WHAT YOU WILL DO: Below are lines of data, and only some are wanted. Please repeat exactly those from the line that has "(dropped + 1) r" through the line that has "cache = d.same.cache ∙ one.cache;".

Dataset excerpts
------------------------------------

-- ===== src/Backrun/Queues/Evict.antt =====
-- The eviction loop of `push_pending` (src/backrun.rs).
use magma_sidecar.Prelude.{
  ℕ, ◌+◌, ◌≤◌, ◌≡◌, refl, ◌∙◌, inl, inr, true, false, ltb, none, some, List, [], ◌∷◌, arith,
  Bool-cases, Option-cases, ltb→le,
}
use magma_sidecar.Backrun.Pool.{PendingPool, PendingBid}
use magma_sidecar.Backrun.Queues.Frames.{SameCache}
use magma_sidecar.Backrun.Queues.{
  find_parked, take_parked, evict_pending, push_pending, park, is_empty,
}
use magma_sidecar.Backrun.Queues.Parked.{IsParked, Entries, total, parked}
use magma_sidecar.Backrun.Queues.Parked.Take.{take_parked-IsParked, skip-IsParked}
use magma_sidecar.Backrun.Queues.Parked.Park.{park-IsParked}
use magma_sidecar.Prelude.Map.{HashMap}

abbrev pub IsParkedValid : {Tx : Type 0} → PendingPool Tx → Type 0
IsParkedValid p = IsParked p.pending_order p

module _ {Tx : Type 0} where
  take_parked-SameCache :
      (t pos : ℕ) (bids : List (PendingBid Tx)) (p : PendingPool Tx)
      → SameCache p (take_parked t pos bids p)
  unfolding take_parked
  take_parked-SameCache t pos bids p = ground arith

  -- What a loop that drops parked bids and counts them guarantees.
  pub record Drops (p : PendingPool Tx) (before : ℕ) (r : PendingPool Tx × ℕ) : Type 0 where
    pub valid : IsParkedValid r.0
    pub same : SameCache p r.0
    pub counted : r.0.pending_count + r.1 ≡ p.pending_count + before

  pub Drops-stopped :
      (queue : List (ℕ × ℕ)) (dropped : ℕ) (p : PendingPool Tx)
      → IsParked queue p
      → Drops p dropped (record p { pending_order = queue }, dropped)
  Drops-stopped queue dropped p v = record {
    valid = record {
      distinct = v.distinct;
      entries = v.entries;
      counted = v.counted;
      waiting = v.waiting;
    };
    same = ground arith;
    counted = refl;
  }

  -- One bid dropped, and then the loop.
  pub Drops-taken :
      (t pos : ℕ) (bids : List (PendingBid Tx)) (dropped : ℕ) (p : PendingPool Tx)
      (r : PendingPool Tx × ℕ)
      → (take_parked t pos bids p).pending_count + 1 ≡ p.pending_count
      → Drops (take_parked t pos bids p) (dropped + 1) r
      → Drops p dropped r
  Drops-taken t pos bids dropped p r fewer d = record {
    valid = d.valid;
    same =
        let one = take_parked-SameCache t pos bids p in
        record {
          policy = d.same.policy ∙ one.policy;
          fallback = d.same.fallback ∙ one.fallback;
          ttl = d.same.ttl ∙ one.ttl;
          max_cache_entries = d.same.max_cache_entries ∙ one.max_cache_entries;
          max_pending_entries = d.same.max_pending_entries ∙ one.max_pending_entries;
          cache = d.same.cache ∙ one.cache;
          cache_order = d.same.cache_order ∙ one.cache_order;
          streamed_targets = d.same.streamed_targets ∙ one.streamed_targets;
        };
    counted = omega (arith, d.counted);
  }

  -- The cases of the eviction loop.
  module _ (t h : ℕ) (rest : List (ℕ × ℕ)) (evicted : ℕ) (p : PendingPool Tx) where
    pub evict_pending_within :
        ltb p.max_pending_entries p.pending_count ≡ false
        → evict_pending ((t, h) ∷ rest) evicted p
          ≡ (record p { pending_order = (t, h) ∷ rest }, evicted)
    unfolding evict_pending
    evict_pending_within within = rw (within, evict_pending)

    pub evict_pending_stale :
        ltb p.max_pending_entries p.pending_count ≡ true
        → find_parked t h p.pending ≡ none
        → evict_pending ((t, h) ∷ rest) evicted p ≡ evict_pending rest evicted p
    unfolding evict_pending
    evict_pending_stale over gone = rw (over, evict_pending) (rw (gone, evict_pending))

    pub evict_pending_taken :
        (pos : ℕ) (bid : PendingBid Tx) (bids : List (PendingBid Tx))
        → ltb p.max_pending_entries p.pending_count ≡ true
        → find_parked t h p.pending ≡ some (pos, bid, bids)
        → evict_pending ((t, h) ∷ rest) evicted p
          ≡ evict_pending rest (evicted + 1) (take_parked t pos bids p)
    unfolding evict_pending
    evict_pending_taken pos bid bids over found =
        rw (over, evict_pending) (rw (found, evict_pending))

  pub evict_pending_nil :
      (evicted : ℕ) (p : PendingPool Tx)
      → evict_pending [] evicted p ≡ (record p { pending_order = [] }, evicted)
  unfolding evict_pending
  evict_pending_nil evicted p = refl

  total_of_none_parked :
      (m : HashMap (List (PendingBid Tx)))
      → Entries m
      → ((t h : ℕ) → parked t h m ≤ 0)
      → total m ≡ 0
  unfolding is_empty
  total_of_none_parked [] e none_waits = refl
  total_of_none_parked ((t, []) ∷ m) e none_waits = absurd (ground arith)
  total_of_none_parked ((t, b ∷ bids) ∷ m) e none_waits =
      absurd (ground (arith, none_waits t b.hash))

  -- With an empty queue nothing is parked.
  total_of_nil : (p : PendingPool Tx) → IsParked [] p → total p.pending ≡ 0
  total_of_nil p v = total_of_none_parked p.pending v.entries v.waiting

  evict_pending-Drops :
      (queue : List (ℕ × ℕ)) (evicted : ℕ) (p : PendingPool Tx)
      → IsParked queue p
      → Drops p evicted (evict_pending queue evicted p)
        × ((evict_pending queue evicted p).0.pending_count ≤ p.max_pending_entries)
  evict_pending-Drops [] evicted p v =
      rw (evict_pending_nil evicted p)
        (Drops-stopped [] evicted p v, omega (arith, v.counted, total_of_nil p v))
  evict_pending-Drops ((t, h) ∷ rest) evicted p v =
      elim (Bool-cases (ltb p.max_pending_entries p.pending_count)) [
        | inr within ↦
            rw (evict_pending_within t h rest evicted p within)
              (Drops-stopped ((t, h) ∷ rest) evicted p v, ltb→le _ _ within)
        | inl over ↦ elim (Option-cases (find_parked t h p.pending)) [
          | inl gone ↦
              rw (evict_pending_stale t h rest evicted p over gone)
                (evict_pending-Drops rest evicted p (skip-IsParked t h rest p v gone))
          | inr ((pos, bid, bids), found) ↦
              let taken = take_parked-IsParked t h pos bid bids rest p v found in
              let rec = evict_pending-Drops rest (evicted + 1) (take_parked t pos bids p) taken.0 in
              let capacity = (take_parked-SameCache t pos bids p).max_pending_entries in
              rw (evict_pending_taken t h rest evicted p pos bid bids over found)
                (Drops-taken t pos bids evicted p _ taken.1 rec.0, omega (arith, rec.1, capacity))
        ]
      ]

  -- Where the parked bids are well formed, parking one more keeps them so and ends within the
  -- capacity, whatever was parked before; the count grows by one and falls by the number of
  -- evictions that is returned; the cache is left alone.
  pub push_pending-IsParkedValid :
      (bid : PendingBid Tx) (p : PendingPool Tx)
      → IsParkedValid p
      → IsParkedValid (push_pending bid p).0
        × ((push_pending bid p).0.pending_count ≤ p.max_pending_entries)
        × ((push_pending bid p).0.pending_count + (push_pending bid p).1 ≡ p.pending_count + 1)
        × SameCache p (push_pending bid p).0
  unfolding push_pending park
  push_pending-IsParkedValid bid p v =
      let (drops, room) =
        evict_pending-Drops (park bid p).pending_order 0 (park bid p) (park-IsParked bid p v) in
      (
        drops.valid,
        room,
        omega (arith, drops.counted),
        record {
          policy = drops.same.policy;
          fallback = drops.same.fallback;
          ttl = drops.same.ttl;
          max_cache_entries = drops.same.max_cache_entries;
          max_pending_entries = drops.same.max_pending_entries;
          cache = drops.same.cache;
          cache_order = drops.same.cache_order;
          streamed_targets = drops.same.streamed_targets;
        },
      )
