-- ===== src/Backrun/Queues/Expiry.antt =====
-- The first loop of `prune` (src/backrun.rs).
use magma_sidecar.Prelude.{
  ℕ, ◌-◌, ◌≤◌, ◌<◌, ◌≡◌, inl, inr, true, false, leb, none, some, List, [], ◌∷◌, length, arith,
  Bool-cases, Option-cases,
}
use magma_sidecar.Prelude.Map
use magma_sidecar.Backrun.Pool.{PendingPool, CachedTx}
use magma_sidecar.Backrun.Queues.Frames.{SamePending}
use magma_sidecar.Backrun.Queues.{prune_cache}
use magma_sidecar.Backrun.Queues.Cache.{
  IsQueued, IsCacheValid, uncache, uncache-IsQueued, skip-IsQueued,
}

module _ {Tx : Type 0} where
  prune_cache_done :
      (now : ℕ) (p : PendingPool Tx)
      → IsQueued [] p
      → IsCacheValid (prune_cache now [] p)
        × SamePending p (prune_cache now [] p)
        × (length (prune_cache now [] p).cache ≤ length p.cache)
  unfolding prune_cache
  prune_cache_done now p v =
      (record { queued = v.queued; streamed = v.streamed }, ground arith, omega arith)

  prune_cache_nil :
      (now h : ℕ) (cached : CachedTx Tx) (p : PendingPool Tx)
      → Map.get h p.cache ≡ some cached
      → Map.get h (prune_cache now [] p).cache ≡ some cached
  unfolding prune_cache
  prune_cache_nil now h cached p held = held

  -- The three cases of the pruning loop.
  module _ (now front : ℕ) (rest : List ℕ) (p : PendingPool Tx) where
    prune_cache_stale :
        Map.get front p.cache ≡ none → prune_cache now (front ∷ rest) p ≡ prune_cache now rest p
    unfolding prune_cache
    prune_cache_stale gone = rw (gone, prune_cache)

    prune_cache_old :
        (cached : CachedTx Tx)
        → Map.get front p.cache ≡ some cached
        → leb p.ttl (now - cached.seen_at) ≡ true
        → prune_cache now (front ∷ rest) p ≡ prune_cache now rest (uncache front p)
    unfolding prune_cache
    prune_cache_old cached held old = rw (held, prune_cache) (rw (old, prune_cache))

    prune_cache_young :
        (cached : CachedTx Tx)
        → Map.get front p.cache ≡ some cached
        → leb p.ttl (now - cached.seen_at) ≡ false
        → prune_cache now (front ∷ rest) p ≡ record p { cache_order = front ∷ rest }
    unfolding prune_cache
    prune_cache_young cached held young = rw (held, prune_cache) (rw (young, prune_cache))

  pub prune_cache-IsQueued :
      (now : ℕ) (queue : List ℕ) (p : PendingPool Tx)
      → IsQueued queue p
      → IsCacheValid (prune_cache now queue p)
        × SamePending p (prune_cache now queue p)
        × (length (prune_cache now queue p).cache ≤ length p.cache)
  prune_cache-IsQueued now [] p v = prune_cache_done now p v
  prune_cache-IsQueued now (front ∷ rest) p v = elim (Option-cases (Map.get front p.cache)) [
    | inl gone ↦ rw (prune_cache_stale now front rest p gone) (
        prune_cache-IsQueued now rest p
          (skip-IsQueued front rest p v (Map.not-contains_key_of_get front p.cache gone)))
    | inr (cached, held) ↦ elim (Bool-cases (leb p.ttl (now - cached.seen_at))) [
      | inl old ↦
          let rec =
            prune_cache-IsQueued now rest (uncache front p) (uncache-IsQueued front rest p v) in
          let fewer = Map.length-remove-le front p.cache in
          rw (prune_cache_old now front rest p cached held old)
            (rec.0, ground (arith, rec.1), omega (arith, rec.2, fewer))
      | inr young ↦
          rw (prune_cache_young now front rest p cached held young)
            (record { queued = v.queued; streamed = v.streamed }, ground arith, omega arith)
    ]
  ]

  -- For any queue, pruning the cache keeps every cached transaction whose age is below the time
  -- to live.
  pub prune_cache_keeps :
      (now h : ℕ) (cached : CachedTx Tx) (queue : List ℕ) (p : PendingPool Tx)
      → Map.get h p.cache ≡ some cached
      → now - cached.seen_at < p.ttl
      → Map.get h (prune_cache now queue p).cache ≡ some cached
  prune_cache_keeps now h cached [] p held young = prune_cache_nil now h cached p held
  prune_cache_keeps now h cached (front ∷ rest) p held young =
      elim (Option-cases (Map.get front p.cache)) [
        | inl gone ↦
            rw (prune_cache_stale now front rest p gone)
              (prune_cache_keeps now h cached rest p held young)
        | inr (other, there) ↦ elim (Bool-cases (leb p.ttl (now - other.seen_at))) [
          | inl old ↦ rw (prune_cache_old now front rest p other there old) (
              prune_cache_keeps now h cached rest (uncache front p)
                (ground (arith, held, there, Map.get-remove front h p.cache)) young)
          | inr fresh ↦ rw (prune_cache_young now front rest p other there fresh) held
        ]
      ]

------------------------------------

RESPONSE AREA:
      → Drops (take_parked t pos bids p) (dropped + 1) r
      → Drops p dropped r
  Drops-taken t pos bids dropped p r fewer d = record {
    valid = d.valid;
    same =
        let one = take_parked-SameCache t pos bids p in
        record {
          policy = d.same.policy ∙ one.policy;
          fallback = d.same.fallback ∙ one.fallback;
          ttl = d.same.ttl ∙ one.ttl;
          max_cache_entries = d.same.max_cache_entries ∙ one.max_cache_entries;
          max_pending_entries = d.same.max_pending_entries ∙ one.max_pending_entries;
          cache = d.same.cache ∙ one.cache;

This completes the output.